In business, politics, everything. It almost seems like everyone is quietly agreeing that "if we pretend the pesky truth doesn't exist for long enough, we can literally change reality to be what we want".

I feel like I'm going crazy. There's no way that's how things can work for long, right?

You're not going crazy, they are. But even once things start falling apart, inertia alone can give the appearance of productive movement for years to come.

This is probably why when somebody looks to try to find the cause for e.g. the collapse of the Roman Empire there were a surprisingly large number of potentially serious issues all happening simultaneously.

The reason is that the empire probably collapsed decades before its fall and so the stupid decisions and actions all continued to pile up, seemingly without consequence. All until the inertia finally ran out and suddenly the entire house of cards came crashing down.

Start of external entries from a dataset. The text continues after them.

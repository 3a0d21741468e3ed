-- ===== src/Stats/Messages.antt =====
-- `record_message_latency` of c-performance/src/performance_stats.c run by several threads at once.
-- Every atomic operation, and every plain store into the shared structure, is a step of its own;
-- the steps of the threads interleave in any order.
pub mod Indices
pub mod Tasks
pub mod Records
pub mod Bounds
pub mod Loaded
pub mod Extremes
pub mod Attained
pub mod Totals
pub mod Distribution
pub mod Settled
pub mod Alone
pub mod Returns
pub mod Settle
pub mod Overtaken
mod Tests
use aeron_fast.Base.{
  ℕ, zero, suc, ◌+◌, ◌/◌, ◌≡◌, Bool, true, false, Option, some, List, [], ◌∷◌, ◌++◌, length,
  get_elem?, set, get_or, replicate, ltb, leb, ◌==◌, if◌then◌else◌, add64, sub64, IsU64,
}
use aeron_fast.Stats.Defs.{PerformanceStats, detailed_record_count}
use aeron_fast.Stats.{compare_exchange, count_bucket}

-- The arguments of a call.
pub record Delivery : Type 0 where
  pub send_time : ℕ
  pub receive_time : ℕ

abbrev pub latency : Delivery → ℕ
latency d = sub64 d.receive_time d.send_time

-- Where a call stands that has drawn its index: before the store of the first time, of the last
-- time, before the addition to the sum, before the load of the minimum, at the test of its loop,
-- before the three stores that describe the new minimum, before the load of the maximum, at its
-- test, before the four stores of its record, and before the addition to a bucket.
pub data Place : Type 0 where
  dating_first dating_last totalling loading_min : Place
  lowering : (current_min : ℕ) → Place
  naming_index naming_send naming_receive loading_max : Place
  raising : (current_max : ℕ) → Place
  storing_send storing_receive storing_latency storing_count bucketing : Place

-- A thread has no call, is before the addition to the message count, or is past it with the index
-- that the addition gave it.
pub data Pc : Type 0 where
  idle : Pc
  drawing : Delivery → Pc
  inside : Place → Delivery → (message_index : ℕ) → Pc

-- The rest of the call after the loop for the maximum.
abbrev pub recording : ℕ → Place
recording message_index =
    if ltb message_index detailed_record_count then Place.storing_send else Place.bucketing

-- The next operation of a call with its index, with the tests of its registers up to the one after
-- it.
unfoldable pub proceed : Place → Delivery → ℕ → PerformanceStats → Pc × PerformanceStats
proceed Place.dating_first d i m = (
  Pc.inside Place.dating_last d i,
  record m { first_message_time = if i == 0 then d.receive_time else m.first_message_time },
)
proceed Place.dating_last d i m =
    (Pc.inside Place.totalling d i, record m { last_message_time = d.receive_time })
proceed Place.totalling d i m = (
  Pc.inside Place.loading_min d i,
  record m {
    counters = record (m.counters) { total_latency = add64 m.counters.total_latency (latency d) };
  },
)
proceed Place.loading_min d i m = (Pc.inside (Place.lowering m.counters.min_latency) d i, m)
proceed (Place.lowering current_min) d i m =
    let exchange = compare_exchange m.counters.min_latency current_min (latency d) in
    if ltb (latency d) current_min
    then (
      Pc.inside (if exchange.success then Place.naming_index else Place.lowering exchange.expected)
          d i,
      record m { counters = record (m.counters) { min_latency = exchange.cell } },
    )
    else (Pc.inside Place.loading_max d i, m)
proceed Place.naming_index d i m =
    (Pc.inside Place.naming_send d i, record m { min_latency_message_index = add64 i 1 })
proceed Place.naming_send d i m =
    (Pc.inside Place.naming_receive d i, record m { min_latency_send_time = d.send_time })
proceed Place.naming_receive d i m =
    (Pc.inside Place.loading_max d i, record m { min_latency_receive_time = d.receive_time })
proceed Place.loading_max d i m = (Pc.inside (Place.raising m.counters.max_latency) d i, m)
proceed (Place.raising current_max) d i m =
    let exchange = compare_exchange m.counters.max_latency current_max (latency d) in
    if ltb current_max (latency d)
    then (
      Pc.inside (if exchange.success then recording i else Place.raising exchange.expected) d i,
      record m { counters = record (m.counters) { max_latency = exchange.cell } },
    )
    else (Pc.inside (recording i) d i, m)
proceed Place.storing_send d i m = (
  Pc.inside Place.storing_receive d i,
  record m { records = record (m.records) { send_times = set m.records.send_times i d.send_time } },
)
proceed Place.storing_receive d i m = (
  Pc.inside Place.storing_latency d i,
  record m {
    records = record (m.records) { receive_times = set m.records.receive_times i d.receive_time };
  },
)
proceed Place.storing_latency d i m = (
  Pc.inside Place.storing_count d i,
  record m { records = record (m.records) { latencies = set m.records.latencies i (latency d) } },
)
proceed Place.storing_count d i m = (
  Pc.inside Place.bucketing d i,
  record m { records = record (m.records) { recorded_count = i + 1 } },
)
proceed Place.bucketing d i m = (
  Pc.idle,
  record m {
    latency_buckets = count_bucket leb (latency d / 1000) m.latency_bucket_limits m.latency_buckets;
  },
)

-- The next operation of a thread. The addition to the message count hands out its old value.
unfoldable pub exec : Pc → PerformanceStats → Pc × PerformanceStats
exec Pc.idle m = (Pc.idle, m)
exec (Pc.drawing d) m = (
  Pc.inside Place.dating_first d m.counters.message_count,
  record m { counters = record (m.counters) { message_count = add64 m.counters.message_count 1 } },
)
exec (Pc.inside p d i) m = proceed p d i m

-- The shared memory, the threads, and the calls that have drawn an index, in the order in which
-- they did. The last is for the proofs; no step reads it.
pub record System : Type 0 where
  pub memory : PerformanceStats
  pub threads : List Pc
  pub drawn : List Delivery

abbrev pub drawn_after : Pc → List Delivery → List Delivery
drawn_after (Pc.drawing d) drawn = drawn ++ d ∷ []
drawn_after pc drawn = drawn

-- A thread begins a call, or does its next operation.
pub data Step (s : System) : System → Type 0 where
  call :
      (i : ℕ) (d : Delivery)
      → get_elem? s.threads i ≡ some Pc.idle
      → Step s (record s { threads = set s.threads i (Pc.drawing d) })
  run :
      (i : ℕ) (pc : Pc)
      → get_elem? s.threads i ≡ some pc
      → Step s (record s {
        memory = (exec pc s.memory).1;
        threads = set s.threads i (exec pc s.memory).0;
        drawn = drawn_after pc s.drawn;
      })

-- `n` threads before their first call.
abbrev pub start : ℕ → PerformanceStats → System
start n memory = record { memory = memory; threads = replicate n Pc.idle; drawn = [] }

pub data Reach (s : System) : System → Type 0 where
  here : Reach s s
  next : {t u : System} → Reach s t → Step t u → Reach s u

-- The next operations of one thread while the others stand still.
abbrev pub run_alone : ℕ → Pc → PerformanceStats → Pc × PerformanceStats
run_alone zero pc m = (pc, m)
run_alone (suc fuel) pc m = run_alone fuel (exec pc m).0 (exec pc m).1

-- The scheduler's choice, as a function: each number is the thread that goes on.
abbrev pub schedule : List ℕ → PerformanceStats × List Pc → PerformanceStats × List Pc
schedule [] s = s
schedule (i ∷ is) (memory, threads) =
    let (pc, memory') = exec (get_or threads i Pc.idle) memory in
    schedule is (memory', set threads i pc)
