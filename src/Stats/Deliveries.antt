-- ===== src/Stats/Deliveries.antt =====
-- What `record_message_latency` leaves in the arrays after a history of messages.
use mathlib.Core.List.{append_assoc, append-nil}
use aeron_fast.Base.{
  ℕ, suc, ◌^◌, ◌<◌, ◌≡◌, refl, sym, Option, some, List, [], ◌∷◌, ◌++◌, arith, length, length-append,
  map, min, ltb, if◌then◌else◌, set, map-snoc, length-map,
}
use aeron_fast.Stats.Defs.{
  PerformanceStats, DetailedRecords, init_performance_stats, detailed_record_count,
}
use aeron_fast.Stats.{record_message_latency, write_record, update_extremes, count_message}
use aeron_fast.Stats.History.{first_latencies, first_latencies-snoc, zeros-first_latencies}
use aeron_fast.Stats.Messages.{Delivery, latency}

-- `record_message_latency` for each message, the oldest first.
pub record_deliveries : Option PerformanceStats → List Delivery → Option PerformanceStats
record_deliveries stats [] = stats
record_deliveries stats (d ∷ ds) =
    record_deliveries (record_message_latency stats d.send_time d.receive_time) ds

-- What every call keeps of the history and the statistics, a run of calls keeps.
module _ (Holds : List Delivery → PerformanceStats → Type 0)
    (keeps : (h : List Delivery) (d : Delivery) (s : PerformanceStats)
      → suc (length h) < 2 ^ 64
      → Holds h s
      → (s' : PerformanceStats) × (record_message_latency (some s) d.send_time d.receive_time
          ≡ some s')
        × Holds (h ++ d ∷ []) s') where
  pub record_deliveries-keeps :
      (h ds : List Delivery) (s : PerformanceStats)
      → length (h ++ ds) < 2 ^ 64
      → Holds h s
      → (s' : PerformanceStats) × (record_deliveries (some s) ds ≡ some s') × Holds (h ++ ds) s'
  unfolding record_deliveries
  record_deliveries-keeps h [] s few before = (s, refl, rw append-nil before)
  record_deliveries-keeps h (d ∷ ds) s few before =
      let room : suc (length h) < 2 ^ 64 = omega (arith, length-append h (d ∷ ds)) in
      let (s', step, after) = keeps h d s room before in
      let more : length ((h ++ d ∷ []) ++ ds) < 2 ^ 64 = rw (append_assoc h (d ∷ []) ds) few in
      let (s'', ran, last) = record_deliveries-keeps (h ++ d ∷ []) ds s' more after in
      (s'', rw (step, ran), rw (append_assoc h (d ∷ []) ds) at last)

abbrev pub send : Delivery → ℕ
send d = d.send_time

abbrev pub receive : Delivery → ℕ
receive d = d.receive_time

-- The arrays hold the first thousand messages of `h`.
pub record HasRecords (h : List Delivery) (r : DetailedRecords) : Type 0 where
  pub sends : r.send_times ≡ first_latencies detailed_record_count (map send h)
  pub receives : r.receive_times ≡ first_latencies detailed_record_count (map receive h)
  pub delays : r.latencies ≡ first_latencies detailed_record_count (map latency h)
  pub recorded : r.recorded_count ≡ min detailed_record_count (length h)

pub record HasDetails (h : List Delivery) (s : PerformanceStats) : Type 0 where
  pub count : s.counters.message_count ≡ length h
  pub records : HasRecords h s.records

-- One array with one message more.
column-snoc :
    (f : Delivery → ℕ) (h : List Delivery) (d : Delivery)
    → first_latencies detailed_record_count (map f (h ++ d ∷ [])) ≡ (
        if ltb (length h) detailed_record_count
        then set (first_latencies detailed_record_count (map f h)) (length h) (f d)
        else first_latencies detailed_record_count (map f h))
column-snoc f h d =
    rw (map-snoc f h d, sym (length-map f h))
      (first_latencies-snoc detailed_record_count (map f h) (f d))

write_record-HasRecords :
    (h : List Delivery) (d : Delivery) (r : DetailedRecords)
    → HasRecords h r
    → HasRecords (h ++ d ∷ []) (write_record (length h) d.send_time d.receive_time (latency d) r)
unfolding write_record
write_record-HasRecords h d r before = record {
  sends = ground (arith, before.sends, column-snoc send h d);
  receives = ground (arith, before.receives, column-snoc receive h d);
  delays = ground (arith, before.delays, column-snoc latency h d);
  recorded = ground (arith, before.recorded, length-append h (d ∷ []));
}

record_message_latency-HasDetails :
    (h : List Delivery) (d : Delivery) (s : PerformanceStats)
    → suc (length h) < 2 ^ 64
    → HasDetails h s
    → (s' : PerformanceStats) × (record_message_latency (some s) d.send_time d.receive_time
        ≡ some s')
      × HasDetails (h ++ d ∷ []) s'
unfolding record_message_latency update_extremes count_message
record_message_latency-HasDetails h d s few before = (
  _,
  refl,
  record {
    count = omega (arith, before.count, length-append h (d ∷ []));
    records = rw before.count (write_record-HasRecords h d s.records before.records);
  },
)

pub record_deliveries-HasDetails :
    (h ds : List Delivery) (s : PerformanceStats)
    → length (h ++ ds) < 2 ^ 64
    → HasDetails h s
    → (s' : PerformanceStats) × (record_deliveries (some s) ds ≡ some s') × HasDetails (h ++ ds) s'
record_deliveries-HasDetails h ds s few before =
    record_deliveries-keeps HasDetails record_message_latency-HasDetails h ds s few before

pub initialised-HasDetails :
    (memory : PerformanceStats)
    → (s : PerformanceStats) × ((init_performance_stats (some memory)).1 ≡ some s) × HasDetails [] s
unfolding init_performance_stats
initialised-HasDetails memory = (
  _,
  refl,
  record {
    count = refl;
    records = record {
      sends = zeros-first_latencies detailed_record_count;
      receives = zeros-first_latencies detailed_record_count;
      delays = zeros-first_latencies detailed_record_count;
      recorded = refl;
    };
  },
)
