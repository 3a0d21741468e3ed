-- ===== src/Stats/Layout.antt =====
-- c-performance/include/performance_stats.h: where the counters lie in memory. Their padding keeps
-- counters that different operations write on different cache lines.
use aeron_fast.Base.{
  ℕ, ◌+◌, ◌-◌, ◌*◌, ◌/◌, ◌%◌, ◌≡◌, refl, sym, ap, ◌∙◌, ◌↔◌, ◌⊎◌, inl, inr, List, [], ◌∷◌, arith,
  get_or,
}
use aeron_fast.Common.{cache_line_size, buffer_alignment}

-- A member of a structure: its size and its alignment in bytes.
pub record Member : Type 0 where
  pub size : ℕ
  pub align : ℕ

abbrev pub round_up : ℕ → ℕ → ℕ
round_up align n = (n + (align - 1)) / align * align

-- Where the members lie, each at the next place with its alignment.
abbrev pub offsets : ℕ → List Member → List ℕ
offsets from [] = []
offsets from (m ∷ ms) = round_up m.align from ∷ offsets (round_up m.align from + m.size) ms

abbrev pub end_of : ℕ → List Member → ℕ
end_of from [] = from
end_of from (m ∷ ms) = end_of (round_up m.align from + m.size) ms

abbrev pub size_of : ℕ → List Member → ℕ
size_of align ms = round_up align (end_of 0 ms)

-- A `uint64_t`, and an array of characters.
abbrev word : Member
word = record { size = 8; align = 8 }

abbrev padding : ℕ → Member
padding n = record { size = n; align = 1 }

-- `stats_counters_t`, with its padding.
abbrev pub counter_members : List Member
counter_members =
    word
    ∷ padding (cache_line_size - 8)
    ∷ word
    ∷ padding (cache_line_size - 8)
    ∷ word
    ∷ word
    ∷ padding (cache_line_size - 2 * 8)
    ∷ word
    ∷ word
    ∷ padding (cache_line_size - 2 * 8)
    ∷ []

pub data Counter : Type 0 where
  message_count total_latency min_latency max_latency back_pressure_count retry_count : Counter

-- The place of a counter among the members.
abbrev pub place : Counter → ℕ
place Counter.message_count = 0
place Counter.total_latency = 2
place Counter.min_latency = 4
place Counter.max_latency = 5
place Counter.back_pressure_count = 7
place Counter.retry_count = 8

abbrev pub offset : Counter → ℕ
offset c = get_or (offsets 0 counter_members) (place c) 0

-- The cache line of a byte's address.
abbrev pub line : ℕ → ℕ
line address = address / cache_line_size

-- The counters that the structure puts together: the extremes, and the two counts of the sender.
abbrev pub group : Counter → ℕ
group Counter.message_count = 0
group Counter.total_latency = 1
group Counter.min_latency = 2
group Counter.max_latency = 2
group Counter.back_pressure_count = 3
group Counter.retry_count = 3

counters_size : size_of cache_line_size counter_members ≡ 256
counters_size = refl

offset-group :
    (c : Counter)
    → (offset c ≡ group c * cache_line_size) ⊎ (offset c ≡ group c * cache_line_size + 8)
offset-group Counter.message_count = inl refl
offset-group Counter.total_latency = inl refl
offset-group Counter.min_latency = inl refl
offset-group Counter.max_latency = inr refl
offset-group Counter.back_pressure_count = inl refl
offset-group Counter.retry_count = inr refl

line-group :
    (base : ℕ) (c : Counter)
    → base % 16 ≡ 0
    → (line (base + offset c) ≡ line base + group c)
      × (line (base + offset c + 7) ≡ line base + group c)
line-group base c aligned = elim (offset-group c) [
  | inl e ↦ omega (arith, e)
  | inr e ↦ omega (arith, e)
]

-- Wherever `calloc` puts the counters, at a multiple of 16 and not of 64 as the structure asks, no
-- counter crosses the end of a cache line, and two counters are on the same line exactly when they
-- are both extremes or both counts of the sender, or the same one.
pub line-offset_iff :
    (base : ℕ) (c d : Counter)
    → base % buffer_alignment ≡ 0
    → (line (base + offset c) ≡ line (base + offset c + 7))
      × ((line (base + offset c) ≡ line (base + offset d)) ↔ (group c ≡ group d))
line-offset_iff base c d aligned =
    let (c_start, c_end) = line-group base c aligned in
    let (d_start, d_end) = line-group base d aligned in
    (
      c_start ∙ sym c_end,
      (
        (λ e. omega (arith, c_start, d_start, e)),
        (λ e. c_start ∙ ap (λ (g : ℕ). line base + g) e ∙ sym d_start),
      ),
    )
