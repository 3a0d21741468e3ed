-- ===== src/Stats/Lowest.antt =====
-- The message that `record_message_latency` remembers as the fastest.
use aeron_fast.Base.{
  ℕ, suc, ◌^◌, ◌≤◌, ◌<◌, ◌≡◌, ◌∙◌, refl, ap, ◌⊎◌, inl, inr, true, false, arith, List, [], ◌∷◌,
  length, Option, some, none, u64_max, add64, sub64, ltb, ◌==◌, if◌then◌else◌, Bool-cases, Bool,
}
use aeron_fast.Stats.Defs.{PerformanceStats, init_performance_stats}
use aeron_fast.Stats.{
  record_message_latency, lower_min, lower_min_self, update_extremes, count_message,
}

-- The send and receive times of the messages so far, the newest first.
abbrev pub Messages : Type 0
Messages = List (ℕ × ℕ)

-- Message number `k`, counted from 1.
abbrev pub numbered : Messages → ℕ → Option (ℕ × ℕ)
numbered [] k = none
numbered (m ∷ h) k = if k == suc (length h) then some m else numbered h k

-- `lowest` is the lowest latency so far, and message `index`, with its times, is the first that has
-- it. Of no message with a latency below the start value the index is 0.
pub record NamesLowest (h : Messages) (lowest index send receive : ℕ) : Type 0 where
  pub least : (k s r : ℕ) → numbered h k ≡ some (s, r) → lowest ≤ sub64 r s
  pub which :
      ((index ≡ 0) × (lowest ≡ u64_max))
      ⊎ ((numbered h index ≡ some (send, receive)) × (lowest ≡ sub64 receive send))
  pub first : (k s r : ℕ) → k < index → numbered h k ≡ some (s, r) → lowest < sub64 r s

some_injective {ℓ} : {A : Type ℓ} {a b : A} → some a ≡ some b → a ≡ b
some_injective {a = a} e = ap (λ o. elim o [ none ↦ a | some x ↦ x ]) e

same_latency : {a b : ℕ × ℕ} → a ≡ b → sub64 a.1 a.0 ≡ sub64 b.1 b.0
same_latency e = ap (λ (m : ℕ × ℕ). sub64 m.1 m.0) e

le_of_same : (a b c : ℕ) → a ≤ b → b ≡ c → a ≤ c
le_of_same a b c p e = omega arith

new_or_old :
    (h : Messages) (m y : ℕ × ℕ) (k : ℕ)
    → numbered (m ∷ h) k ≡ some y
    → ((k ≡ suc (length h)) × (m ≡ y)) ⊎ (numbered h k ≡ some y)
new_or_old h m y k e = elim (Bool-cases (k == suc (length h))) [
  | inl p ↦ inl ((ground arith, some_injective (rw p at e)))
  | inr p ↦ inr (rw p at e)
]

numbered_le : (h : Messages) (y : ℕ × ℕ) (k : ℕ) → numbered h k ≡ some y → k ≤ length h
numbered_le [] y k e = ground arith
numbered_le (m ∷ h) y k e = elim (new_or_old h m y k e) [
  | inl new ↦ omega (arith, new.0)
  | inr old ↦ omega (arith, numbered_le h y k old)
]

old_number : (h : Messages) (m : ℕ × ℕ) (k : ℕ) → k ≤ length h → numbered (m ∷ h) k ≡ numbered h k
old_number h m k p = let other : (k == suc (length h)) ≡ false = ground arith in rw other refl

new_number : (h : Messages) (m : ℕ × ℕ) → numbered (m ∷ h) (suc (length h)) ≡ some m
new_number h m = let same : (suc (length h) == suc (length h)) ≡ true = ground arith in rw same refl

module _ (h : Messages) (lowest index s₀ r₀ send receive : ℕ)
    (before : NamesLowest h lowest index s₀ r₀) where
  lower :
      sub64 receive send < lowest
      → NamesLowest ((send, receive) ∷ h) (sub64 receive send) (suc (length h)) send receive
  lower p = record {
    least = λ k s r e. elim (new_or_old h (send, receive) (s, r) k e) [
      | inl new ↦ le_of_same (sub64 receive send) _ _ (omega arith) (same_latency new.1)
      | inr old ↦ omega (arith, before.least k s r old)
    ];
    which = inr ((new_number h (send, receive), refl));
    first = λ k s r below e. elim (new_or_old h (send, receive) (s, r) k e) [
      | inl new ↦ absurd (omega (arith, new.0))
      | inr old ↦ omega (arith, before.least k s r old)
    ];
  }

  index_le : index ≤ length h
  index_le = elim before.which [
    | inl none_yet ↦ omega (arith, none_yet.0)
    | inr named ↦ numbered_le h (s₀, r₀) index named.0
  ]

  not_lower : lowest ≤ sub64 receive send → NamesLowest ((send, receive) ∷ h) lowest index s₀ r₀
  not_lower p = record {
    least = λ k s r e. elim (new_or_old h (send, receive) (s, r) k e) [
      | inl new ↦ le_of_same lowest _ _ p (same_latency new.1)
      | inr old ↦ before.least k s r old
    ];
    which = elim before.which [
      | inl none_yet ↦ inl none_yet
      | inr named ↦ inr ((old_number h (send, receive) index index_le ∙ named.0, named.1))
    ];
    first = λ k s r below e. elim (new_or_old h (send, receive) (s, r) k e) [
      | inl new ↦ absurd (omega (arith, new.0, index_le))
      | inr old ↦ before.first k s r below old
    ];
  }

-- The statistics after the messages of `h`.
pub record Remembers (h : Messages) (s : PerformanceStats) : Type 0 where
  pub count : s.counters.message_count ≡ length h
  pub names :
      NamesLowest h s.counters.min_latency s.min_latency_message_index s.min_latency_send_time
        s.min_latency_receive_time

module _ (h : Messages) (s : PerformanceStats) (send receive : ℕ) (before : Remembers h s)
    (few : suc (length h) < 2 ^ 64) where
  -- The result of the loop for the minimum is any equal pair here.
  names_after :
      (kept : ℕ × Bool)
      → kept ≡ (
          if ltb (sub64 receive send) s.counters.min_latency
          then (sub64 receive send, true)
          else (s.counters.min_latency, false))
      → NamesLowest
          ((send, receive) ∷ h)
          kept.0
          (if kept.1 then add64 s.counters.message_count 1 else s.min_latency_message_index)
          (if kept.1 then send else s.min_latency_send_time)
          (if kept.1 then receive else s.min_latency_receive_time)
  names_after kept e =
      let number : add64 s.counters.message_count 1 ≡ suc (length h) =
        omega (arith, before.count) in
      elim (Bool-cases (ltb (sub64 receive send) s.counters.min_latency)) [
        | inl p ↦ rw (e, p, number) (lower h _ _ _ _ send receive before.names (ground arith))
        | inr p ↦ rw (e, p) (not_lower h _ _ _ _ send receive before.names (ground arith))
      ]

  -- With one message more, and fewer than 2 ^ 64 in all, `record_message_latency` still names the
  -- first of the messages with the lowest latency, by its number and with its two times.
  pub record_message_latency-Remembers :
      (s' : PerformanceStats) × (record_message_latency (some s) send receive ≡ some s')
      × Remembers ((send, receive) ∷ h) s'
  unfolding record_message_latency update_extremes count_message
  record_message_latency-Remembers = (
    _,
    refl,
    record {
      count = omega (arith, before.count);
      names =
          names_after
            (lower_min 1 s.counters.min_latency s.counters.min_latency (sub64 receive send))
            (lower_min_self 0 s.counters.min_latency (sub64 receive send));
    },
  )

-- `record_message_latency` for each message, the oldest first, so that the list is read from its
-- end.
pub record_messages : Option PerformanceStats → Messages → Option PerformanceStats
record_messages stats [] = stats
record_messages stats ((send, receive) ∷ h) =
    record_message_latency (record_messages stats h) send receive

-- After `init_performance_stats`, whatever the memory held, and then any number of messages below 2
-- ^ 64, the statistics count the messages and name the first with the lowest latency, with its
-- times.
pub record_messages-Remembers :
    (memory : PerformanceStats) (h : Messages)
    → length h < 2 ^ 64
    → (s : PerformanceStats) × (record_messages (init_performance_stats (some memory)).1 h ≡ some s)
      × Remembers h s
unfolding record_messages init_performance_stats
record_messages-Remembers memory [] few = (
  _,
  refl,
  record {
    count = refl;
    names = record {
      least = λ k s r e. ground arith;
      which = inl ((refl, refl));
      first = λ k s r below e. absurd (omega arith);
    };
  },
)
record_messages-Remembers memory ((send, receive) ∷ h) few =
    let (s, ran, m) = record_messages-Remembers memory h (omega arith) in
    let (s', step, m') = record_message_latency-Remembers h s send receive m few in
    (s', rw (ran, record_messages) step, m')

By all accounts it was like this at the end in the USSR too: infinite nepotism, no accountability, crashing standard of living near the median, deaths of despair attached to crazy levels of dangerous substance use.

This is what happens when bad people capture the levers of power.

https://youtu.be/IUJMyTJ9gyI

  • I didn't watch this talk but I read the article it's based on.

    When an Iraq War supporting Tory like Niall Ferguson criticizes the US military for being both bloated and stretched thin by underfunding, it gives away that the critique is just disingenuous contrarianism.

  • ... and look how well that has turned out for the average Russian citizen (or journalist, or competing business-person who stands too close to a window anywhere but the first floor)...

  • There has never been a time in the history of the greater Russian Empire when good people captured the levers of power.

It's not about pretending. Truth is the first casualty of war. If someone is trying to deceive you, they are actively exposing you to some kind of risk, usually for their own benefit, which is a hostile act.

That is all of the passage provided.